Vulcans in a social media world
As we have seen through this chapter, many of our copycat behaviours are the outcome of evolutionary forces from millennia before we invented the modern technologies dominating our lives today.41 These evolved behaviours helped us to survive in the small social groups characteristic of primitive hunter-gatherer settings. They also helped us to learn more effectively, because in small groups, individuals were better able to observe and monitor their peers’ behaviour. Emotions, for example impulsivity, helped us to survive in harsh natural environments where basic resources were often scarce and perishable. Quick action was essential to avoid starvation. So, limbic structures in the brain evolved to encourage impulsive emotional responses, including impulsive collective herding.
Imitation allows good ideas and important information to move quickly through species of copycats.42 A similar phenomenon is observed at an emotional level.
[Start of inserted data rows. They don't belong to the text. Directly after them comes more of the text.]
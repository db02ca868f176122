-- ===== src/Plan/Guards/Texts.antt =====
-- Which paths, names and commands the guards let through.
use soroban_upgrades.Base.{
  ℕ, ◌≤◌, String, Bool, false, ◌||◌, ◌≡◌, refl, sym, subst, ◌↔◌, Option, none, some, List, [], ◌∷◌,
  In, arith, ltb, inl, inr,
}
use soroban_upgrades.Base.Result.{ok}
use soroban_upgrades.Base.Guards.{OkIff, ◌then◌, unless, meaning, each}
use soroban_upgrades.Base.Text.{◌<>◌, len, is_empty_text, any_char, is_control, is_whitespace}
use soroban_upgrades.Plan.{InvariantCheck, PlanInputPaths}
use soroban_upgrades.Plan.External.{PlanExternal}
use soroban_upgrades.Plan.Secret.{contains_stellar_private_key}
use soroban_upgrades.Plan.Guards.{
  validate_plan_string, validate_plan_input_paths, validate_invariant_check,
  validate_source_identity, policy_path,
}

bounded_iff :
    (empty control : Bool) (length maximum : ℕ)
    → ((empty || ltb maximum length || control) ≡ false)
      ↔ ((empty ≡ false) × ((length ≤ maximum) × (control ≡ false)))
bounded_iff empty control length maximum = ground arith

-- A text that is there, within a length, without control characters or a private key in it.
abbrev pub IsPlanText : PlanExternal → (maximum_bytes : ℕ) → String → Type 0
IsPlanText x maximum_bytes value =
    ((is_empty_text value ≡ false)
      × ((len value ≤ maximum_bytes) × (any_char is_control value ≡ false)))
    × (contains_stellar_private_key x value ≡ false)

validate_plan_string-IsPlanText :
    (x : PlanExternal) (label value : String) (maximum_bytes : ℕ)
    → OkIff (validate_plan_string x label value maximum_bytes) (IsPlanText x maximum_bytes value)
unfolding validate_plan_string
validate_plan_string-IsPlanText x label value maximum_bytes =
    meaning
      (bounded_iff (is_empty_text value) (any_char is_control value) (len value) maximum_bytes)
      (unless (is_empty_text value || ltb maximum_bytes (len value) || any_char is_control value) _)
    then unless (contains_stellar_private_key x value) _

-- The path of the policy is optional.
abbrev pub IsPolicyPath : PlanExternal → Option String → Type 0
IsPolicyPath x none = Unit
IsPolicyPath x (some path) = IsPlanText x 4096 path

policy_path-IsPolicyPath :
    (x : PlanExternal) (path : Option String) → OkIff (policy_path x path) (IsPolicyPath x path)
policy_path-IsPolicyPath x none = record { iff = (λ _. tt, λ _. refl) }
policy_path-IsPolicyPath x (some path) = validate_plan_string-IsPlanText x "policy path" path 4096

abbrev required_paths : PlanInputPaths → List (String × String)
required_paths paths =
    ("source WASM", paths.source_wasm)
    ∷ ("target WASM", paths.target_wasm)
    ∷ ("source schema", paths.source_schema)
    ∷ ("target schema", paths.target_schema)
    ∷ ("schema history", paths.schema_history)
    ∷ []

five :
    (P : String × String → Type 0) (p q r s t : String × String)
    → P p
    → P q
    → P r
    → P s
    → P t
    → (z : String × String) → In z (p ∷ q ∷ r ∷ s ∷ t ∷ [])
    → P z
five P p q r s t a b c d e z (inl h) = subst P (sym h) a
five P p q r s t a b c d e z (inr (inl h)) = subst P (sym h) b
five P p q r s t a b c d e z (inr (inr (inl h))) = subst P (sym h) c
five P p q r s t a b c d e z (inr (inr (inr (inl h)))) = subst P (sym h) d
five P p q r s t a b c d e z (inr (inr (inr (inr (inl h))))) = subst P (sym h) e
five P p q r s t a b c d e z (inr (inr (inr (inr (inr h))))) = absurd h

-- The paths pass exactly where each of the five required ones, and the policy's where it is given,
-- is there, at most 4096 bytes long, and free of control characters and of private keys.
pub validate_plan_input_paths_iff :
    (x : PlanExternal) (paths : PlanInputPaths)
    → (validate_plan_input_paths x paths ≡ ok tt) ↔ (
        IsPlanText x 4096 paths.source_wasm
        × IsPlanText x 4096 paths.target_wasm
        × IsPlanText x 4096 paths.source_schema
        × IsPlanText x 4096 paths.target_schema
        × IsPlanText x 4096 paths.schema_history
        × IsPolicyPath x paths.policy)
unfolding validate_plan_input_paths
validate_plan_input_paths_iff x paths =
    let tests =
      each (λ (label, path). validate_plan_string-IsPlanText x (label <> " path") path 4096)
        (required_paths paths)
      then policy_path-IsPolicyPath x paths.policy in
    (
      λ h.
          let (p, q) = tests.iff.0 h in
          (
            p _ (inl refl),
            p _ (inr (inl refl)),
            p _ (inr (inr (inl refl))),
            p _ (inr (inr (inr (inl refl)))),
            p _ (inr (inr (inr (inr (inl refl))))),
            q,
          ),
      λ (a, b, c, d, e, q). tests.iff.1 (five (λ z. IsPlanText x 4096 z.1) _ _ _ _ _ a b c d e, q),
    )

-- A name without whitespace.
abbrev pub IsName : PlanExternal → (maximum_bytes : ℕ) → String → Type 0
IsName x maximum_bytes value =
    ((is_empty_text value ≡ false)
      × ((len value ≤ maximum_bytes)
          × (any_char (λ c. is_control c || is_whitespace c) value ≡ false)))
    × (contains_stellar_private_key x value ≡ false)

-- A source identity passes exactly where it is there, at most 128 bytes long, and free of control
-- characters, whitespace and private keys.
pub validate_source_identity_iff :
    (x : PlanExternal) (source_identity : String)
    → (validate_source_identity x source_identity ≡ ok tt) ↔ IsName x 128 source_identity
unfolding validate_source_identity
validate_source_identity_iff x value =
    let tests =
      meaning
        (bounded_iff (is_empty_text value) (any_char (λ c. is_control c || is_whitespace c) value)
          (len value) 128)
        (unless
          (is_empty_text value
            || ltb 128 (len value)
            || any_char (λ c. is_control c || is_whitespace c) value)
          _)
      then unless (contains_stellar_private_key x value) _ in
    tests.iff

-- An argument of the invariant command may be empty and have spaces.
abbrev pub IsArgument : PlanExternal → String → Type 0
IsArgument x argument =
    ((len argument ≤ 4096) × (any_char is_control argument ≡ false))
    × (contains_stellar_private_key x argument ≡ false)

argument_iff :
    (control : Bool) (length : ℕ)
    → ((ltb 4096 length || control) ≡ false) ↔ ((length ≤ 4096) × (control ≡ false))
argument_iff control length = ground arith

-- An invariant command passes exactly where its program is a name of at most 256 bytes and each of
-- its arguments is within 4096 bytes and free of control characters and private keys.
pub validate_invariant_check_iff :
    (x : PlanExternal) (check : InvariantCheck)
    → (validate_invariant_check x check ≡ ok tt) ↔ (
        IsName x 256 check.program
        × ((argument : String) → In argument check.arguments → IsArgument x argument))
unfolding validate_invariant_check
validate_invariant_check_iff x check =
    let tests =
      meaning
        (bounded_iff (is_empty_text check.program)
          (any_char (λ c. is_control c || is_whitespace c) check.program) (len check.program) 256)
        (unless
          (is_empty_text check.program
            || ltb 256 (len check.program)
            || any_char (λ c. is_control c || is_whitespace c) check.program)
          _)
      then unless (contains_stellar_private_key x check.program) _
      then each
          (λ argument.
            meaning (argument_iff (any_char is_control argument) (len argument))
              (unless (ltb 4096 (len argument) || any_char is_control argument) _)
            then unless (contains_stellar_private_key x argument) _)
          check.arguments in
    tests.iff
In both monkeys and humans, emotions can travel fast. Emotional contagion is observed in children when they cry, and in adults when caught in disaster scenarios. Mourners’ emotions – for example, those felt by the throngs that gathered outside Buckingham Palace after Princess Diana’s death, as described in the introduction – are another example of how emotions spread in mobs and crowds. These epidemic emotions may serve as an important survival mechanism. Emotions are driven by System 1 thinking and we process them quickly. Emotional contagion is beyond our conscious control and spreads through crowds involuntarily. Waves of emotion can rapidly wash over a group giving each individual a signal, for example to flee or fight. In this way, emotional contagion can help animals to survive by allowing rapid, unconscious responses without requiring any conscious coordination by any single individual – useful in emergency situations. Neuroscientist Ramsey Raafat and his colleagues have suggested that emotional contagion specifically, and social contagion more generally, may have evolutionary value because they enable emotions to ripple quickly through crowds of copycats, reinforcing societal norms.43
Are our primitive evolved instincts to copy and follow a problem? In simple hunter-gatherer communities, the likelihood of divergence between individual and group interests was small. Any individual exhibiting deviant behaviours would be quickly noticed and ostracised or excluded. Over the course of human history and with the growth of civilisation, however, individual and social interests have diverged, a divergence which has intensified with the rise of the twentieth- and twenty-first-century technologies, especially those associated with computerisation and globalisation. These have profound implications for our daily lives, but they have developed in a millisecond relative to evolutionary time. We have not had chance effectively to adapt our behaviour, including our herding tendencies, to modern institutions like markets and government, and modern artefacts such as money and computers.
Neuroscientist Jonathan Cohen takes an optimistic perspective on this tension between our evolved instincts and our modern world. Social influences are an essential aspect of our brains’ evolution. When we lived in smaller groups, the chances of repeated interaction were greater. As our social instincts evolved, we developed strong emotional responses to selfish and exploitative behaviour, and these protected us. Cohen’s view is that instinctive responses evolved for a purpose, and that even if that purpose has now been lost, the apparent misfit between our evolved behaviours and our technology-driven world may not be as destructive as we may fear. This is because our brains are ‘vulcanised’ – just as rubber can be vulcanised with sulphur to harden it and make it more resilient. Vulcanised human brains, according to Cohen, have evolved into a confederation of mechanisms, mostly cooperating but sometimes competing. The evolution of our prefrontal cortex has given us some resilience, allowing us to moderate the power of emotions across a range of decision-making domains.44
The distal causes of self-interested herding and collective herding may be similar, but the proximate causes are driven by different neural mechanisms, each developing at different points in our evolutionary history. Insights from evolutionary biology can help us to see that herding has evolved not to serve the purposes of lone individuals. From analyses of social animals we can see that self-sacrifice is a common mechanism, used by many animals to promote survival of the species.
How do these influences play out in our modern world? Destructive choices by one individual, or one small group of individuals, have seismically different impacts today than they would have had when Homo sapiens first evolved. In a primitive context, when tribes battled with each other, loss of life was small. Today, instincts for self-sacrifice favouring the interests of one group over another – such as in the context of global terrorism – can potentially have enormous and disastrous consequences for our species as a whole. At the extreme, countries with access to long-range weapons, including nuclear missiles, have the capacity to inflict death and destruction on a massive scale in the process of favouring their in-groups. Economically, globalisation, while allowing some groups to amass fortunes, has been associated with wide-ranging poverty and inequality for vast numbers of others.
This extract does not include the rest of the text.